Issues regarding invariant recognition in deep hierarchical networks

The montage below shows the mac activation at the first three levels of a Sparsey model for an original snippet (top row) and a 20% noisy version of the original snippet (bottom row). Columns 1-3 correspond to level L1-L3, respectively. Note that for simplicity, we used an old-style model here, i.e., having a rectangular, rather than hexagonal, topology at each level, and such that the L1 U-RFs are non-overlapped. This makes it easier to describe the issue but the same issue exists for the hexagonal and overlapping L1 U-RF architecture as well.  The input is 64x64 pixels and the snippets are 8 frames long.  At each level, the pixels actually represented by the active macs (generally a subset of all active pixels) are shown (black).  L1 is a 16x16 array of macs, each having a 4x4 pixel aperture onto the input surface.

The main thing to see is that even though we've applied a very simple noise transform to the original training snippet, i.e., randomly choose 10% of the active pixels and move them up to 1 pixel in x and y, the set of active L1 macs (at any given frame) for the original snippet differs significantly from the active set for the noisy snippet. The same is true for the higher levels as well. In this simulation, the L1 U-RFs were 4x4 pixels and the L1 π bounds were set so that an L1 mac only becomes active if it has exactly 4 active pixels in its U-RF. When we apply the noise, that generally changes the numbers of active pixels in many of the L1 U-RFs. Thus, on any given frame, some L1 macs activate for the the learning snippet but not for the noisy test snippet and vice versa. Furthermore, many of the L1 U-RFs that have, for any given frame, four active pixels in both snippets, have different exact patterns of active snippets. Thus, there are two levels of variation that Sparsey (or any model) needs to address, in order to recognize the noisy snippet as an instance of the same class as the learning snippet.

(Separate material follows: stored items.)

-- ===== src/Ledger/Books/Post.antt =====
-- Proofs about PostTransaction on the tables.
use bank_core.Prelude.{
  ℕ, ◌≡◌, refl, ◌⊎◌, inl, inr, arith, String, str_eq, true, false, ◌||◌, List, [], some, All,
  Bool-cases, Option-cases, ◌∙◌,
}
use bank_core.Prelude.Int.{ℤ, pos, neg, int_laws}
use bank_core.Prelude.Int64.{IsInt64, neg64, neg64_exact}
use bank_core.Prelude.Dict.{Dict, lookup, get_or}
use bank_core.Prelude.Results.{ok, Result-cases}
use bank_core.Ledger.Domain.{Account, Hold, Posting}
use bank_core.Ledger.Store.{
  find_row, domain, not_found, ref_conflict, held_underflow, db_error, Db, EntryView, PostingSpec,
  get_entry_ref, within_tx,
}
use bank_core.Ledger.Store.Lemmas.{find_row-All, within_tx_keeps}
use bank_core.Ledger.Service.{
  Draws, resolve, replay, capture_step, post_new, post_once_tx, post_transaction,
}
use bank_core.Ledger.Books.Invariant.{IsConsistent, IsHold}
use bank_core.Ledger.Books.Deltas.{is_posted, AgreesWith, resolve-AgreesWith, resolve-amounts}
use bank_core.Ledger.Books.Capture.{named_hold, capture_step-eq, capture_step-none}
use bank_core.Ledger.Books.Steps.{post_new-Steps}
use bank_core.Ledger.Books.Outcome.{Outcome-IsConsistent}
use bank_core.Ledger.Books.Made.{Steps-Outcome}

-- The hold that a posting captures is on the account of one of its legs.
abbrev pub HoldIsPosted : String → List Posting → Db → Type 0
HoldIsPosted hold_id ps db =
    (h : Hold) → named_hold hold_id db ≡ some h → is_posted h.account_id ps ≡ true

capture_step-aside :
    (ref_type ref_id hold_id : String) (delta adj : Dict ℤ) (ps : List Posting) (db db' : Db)
    → HoldIsPosted hold_id ps db
    → capture_step ref_type ref_id hold_id delta db ≡ ok (adj, db')
    → (a : String) → is_posted a ps ≡ false
    → get_or adj a (pos 0) ≡ pos 0
capture_step-aside ref_type ref_id hold_id delta adj ps db db' own e a un =
    elim (Option-cases (named_hold hold_id db)) [
      | inl unnamed ↦
          rw ((capture_step-none ref_type ref_id hold_id delta adj db db' unnamed e).0) refl
      | inr (h, named) ↦
          rw ((capture_step-eq ref_type ref_id hold_id delta adj db db' h named e).1)
            (ground (arith, own h named))
    ]

post_new-IsConsistent :
    (draws : Draws) (ref_type ref_id hold_id : String) (accounts : Dict Account) (ps : List Posting)
    (db db' : Db) (view : EntryView)
    → IsConsistent db
    → AgreesWith db accounts
    → All (λ p. IsInt64 p.amount) ps
    → HoldIsPosted hold_id ps db
    → post_new draws ref_type ref_id hold_id accounts ps db ≡ ok (view, db')
    → IsConsistent db'
post_new-IsConsistent draws ref_type ref_id hold_id accounts ps db db' view c agrees amounts own e =
    let s = post_new-Steps draws ref_type ref_id hold_id accounts ps db db' view e in
    Outcome-IsConsistent ps s.adj db db' c
      (Steps-Outcome ref_type ref_id hold_id accounts ps db db' c agrees amounts s)
      (capture_step-aside ref_type ref_id hold_id s.delta s.adj ps db s.captured own s.capture)

-- What a transaction's request must meet: amounts of type int64, and a hold, where one is named and
-- found, on an account that a leg resolves to.
abbrev pub IsRequest : String → List PostingSpec → Db → Type 0
IsRequest hold_id specs db =
    All (λ s. IsInt64 s.amount) specs
    × ((accounts : Dict Account) (ps : List Posting)
        → resolve specs [] db ≡ ok (accounts, ps)
        → HoldIsPosted hold_id ps db)

pub replayed-same :
    (draws : Draws) (ref_type ref_id hold_id : String) (specs : List PostingSpec) (db db' : Db)
    (view : EntryView) (accounts : Dict Account) (ps : List Posting) (entry_id : String) (at : ℕ)
    → resolve specs [] db ≡ ok (accounts, ps)
    → get_entry_ref ref_type ref_id db ≡ ok (entry_id, at)
    → post_once_tx draws ref_type ref_id hold_id specs db ≡ ok (view, db')
    → db ≡ db'
unfolding post_once_tx
replayed-same draws ref_type ref_id hold_id specs db db' view accounts ps entry_id at resolved known
      e =
    elim (Result-cases (replay entry_id at ps db)) [
      | inl (x, replayed) ↦ ground arith
      | inr (x, refused) ↦ absurd (ground arith)
    ]

post_once_tx-IsConsistent :
    (draws : Draws) (ref_type ref_id hold_id : String) (specs : List PostingSpec) (db db' : Db)
    (view : EntryView)
    → IsConsistent db
    → IsRequest hold_id specs db
    → post_once_tx draws ref_type ref_id hold_id specs db ≡ ok (view, db')
    → IsConsistent db'
unfolding post_once_tx
post_once_tx-IsConsistent draws ref_type ref_id hold_id specs db db' view c (amounts, own) e =
    elim (Result-cases (resolve specs [] db)) [
      | inr (x, unknown) ↦ absurd (ground arith)
      | inl ((accounts, ps), resolved) ↦ elim (Result-cases (get_entry_ref ref_type ref_id db)) [
        | inl ((entry_id, at), known) ↦
            let same : (db ≡ db') =
              replayed-same draws ref_type ref_id hold_id specs db db' view accounts ps entry_id at
                resolved known e in
            rw (← same) c
        | inr (not_found, new) ↦
            post_new-IsConsistent draws ref_type ref_id hold_id accounts ps db db' view c
              (resolve-AgreesWith specs [] accounts db ps c (λ id acct found. absurd (ground arith))
                resolved)
              (resolve-amounts specs [] accounts db ps amounts resolved) (own accounts ps resolved)
              (ground arith)
        | inr (domain x, failed) ↦ absurd (ground arith)
        | inr (ref_conflict, failed) ↦ absurd (ground arith)
        | inr (held_underflow, failed) ↦ absurd (ground arith)
        | inr (db_error, failed) ↦ absurd (ground arith)
      ]
    ]

-- What the caller does with the transaction's result does not touch the tables.
pub post_transaction-tables :
    (draws : Draws) (ref_type ref_id hold_id : String) (specs : List PostingSpec) (db : Db)
    → ((post_transaction draws ref_type ref_id hold_id specs db).1 ≡ db)
      ⊎ ((post_transaction draws ref_type ref_id hold_id specs db).1
          ≡ (within_tx (post_once_tx draws ref_type ref_id hold_id specs) db).1)
unfolding post_transaction
post_transaction-tables draws ref_type ref_id hold_id specs db =
    elim (Bool-cases (str_eq ref_type "" || str_eq ref_id "")) [
      | inl blank ↦ inl (ground arith)
      | inr given ↦ inr (ground arith)
    ]

-- PostTransaction with int64 amounts, and with a hold only of an account among the legs, leaves
-- books in order that were in order, whether it posts, replays or refuses: in every currency what
-- was posted sums to zero, every balance is the sum of its postings, what is held is what the active
-- holds reserve, and no customer balance is below what it holds.
pub post_transaction-IsConsistent :
    (draws : Draws) (ref_type ref_id hold_id : String) (specs : List PostingSpec) (db : Db)
    → IsConsistent db
    → IsRequest hold_id specs db
    → IsConsistent (post_transaction draws ref_type ref_id hold_id specs db).1
post_transaction-IsConsistent draws ref_type ref_id hold_id specs db c r =
    let after =
      within_tx_keeps IsConsistent (post_once_tx draws ref_type ref_id hold_id specs) db c
        (λ view db' done.
          post_once_tx-IsConsistent draws ref_type ref_id hold_id specs db db' view c r done) in
    elim (post_transaction-tables draws ref_type ref_id hold_id specs db) [
      | inl kept ↦ rw kept c
      | inr through ↦ rw through after
    ]

-- Where the new entry captures a hold of an account that none of its legs is on, books that were in
-- order are not in order afterwards.
pub post_new_strands_hold :
    (draws : Draws) (ref_type ref_id hold_id : String) (accounts : Dict Account) (ps : List Posting)
    (db db' : Db) (view : EntryView) (h : Hold)
    → IsConsistent db
    → AgreesWith db accounts
    → All (λ p. IsInt64 p.amount) ps
    → named_hold hold_id db ≡ some h
    → is_posted h.account_id ps ≡ false
    → post_new draws ref_type ref_id hold_id accounts ps db ≡ ok (view, db')
    → ¬ IsConsistent db'
post_new_strands_hold draws ref_type ref_id hold_id accounts ps db db' view h c agrees amounts named
      un e after =
    let s = post_new-Steps draws ref_type ref_id hold_id accounts ps db db' view e in
    let o = Steps-Outcome ref_type ref_id hold_id accounts ps db db' c agrees amounts s in
    let (active, one, _) =
      capture_step-eq ref_type ref_id hold_id s.delta s.adj db s.captured h named s.capture in
    let less : (get_or s.adj h.account_id (pos 0) ≡ neg64 h.amount) = rw one (ground arith) in
    let found : (find_row (λ g. str_eq g.id hold_id) db.holds ≡ some h) = ground arith in
    let hold = (find_row-All IsHold (λ g. str_eq g.id hold_id) db.holds h c.holds_ok found).0 in
    let exact : (neg64 h.amount ≡ neg h.amount) =
      neg64_exact h.amount (omega (int_laws, hold.amount_pos, hold.amount_range)) in
    elim (Option-cases (lookup h.account_id db.balances)) [
      | inl missing ↦
          let (_, before) = c.unused h.account_id missing in
          let (_, now) = after.unused h.account_id (o.kept h.account_id un ∙ missing) in
          grind (int_laws, before, now, o.reserves h.account_id, less, exact, hold.amount_pos)
      | inr (b, there) ↦
          let before = (c.balanced h.account_id b there).held_sum in
          let now = (after.balanced h.account_id b (o.kept h.account_id un ∙ there)).held_sum in
          grind (int_laws, before, now, o.reserves h.account_id, less, exact, hold.amount_pos)
    ]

  1. Variation in which different macs are active between learning moment and analogous testing moment.  Note that since the code in an active mac generally represents a particular maximally active feature, we can think of this as variation in which different features are present between the learning and testing moments.
  2. Variation in the exact patterns present in the U-RF of a given mac between learning moment and testing moment.  Again, since we can think of the code activated in a mac as representing a feature (though we emphasize that a crucial differentiator between Sparsey and localist models such as HMAX is that the single active code in a mac represents not only a particular maximally active feature, but in fact the likelihood distribution over all features stored in the mac), we can think of this as variation in the precise appearance of a feature between the learning and test moments.

And, if the the pattern of active L1 macs on a given frame differs between learning and test snippet, this generally causes the numbers of active L1 macs in the L2 mac U-RFs to also differ, leading to different sets of L2 macs being active between the learning and test snippets.  This same principle occurs all the way up the hierarchy (the model in this simulation actually had 9 levels).

Sparsey's existing mechanisms address the second type of variation listed above. We are currently investigating general solutions to the first of the two problems.  As suggested above, the first kind of variation can be thought of as variation in which different features are present across instances of a given class.  This has been the level at which purely symbolic "AI" systems have focused in addressing the problem of recognition.  That is, AI systems typically are described as representing classes (of objects, events, concepts, etc.) as lists of features.  Despite the fact that Wittgenstein showed that exhaustive lists of necessary and sufficient features cannot be a formal basis for defining classes, much of routine intelligent processing, i.e., of one's thought stream, and certainly of one's language stream, seems to heavily involve features. We are therefore happy to be able to define, in Sparsey, a formal mechanistic/representational difference between the two types of variation. While the feature scales present in the levels portrayed above are lower than the scales typically treated in cognitive models, the same dichotomy of types of variation applies all the way up Sparsey's hierarchy. Thus, we anticipate this dichotomy will be very helpful in demonstrating much higher level invariances, e.g., the ability of a model to recognize moving objects/people, i.e., with whole/parts of limbs (features) becoming obscured/visible across time and with arbitrary schedules of occlusion across features.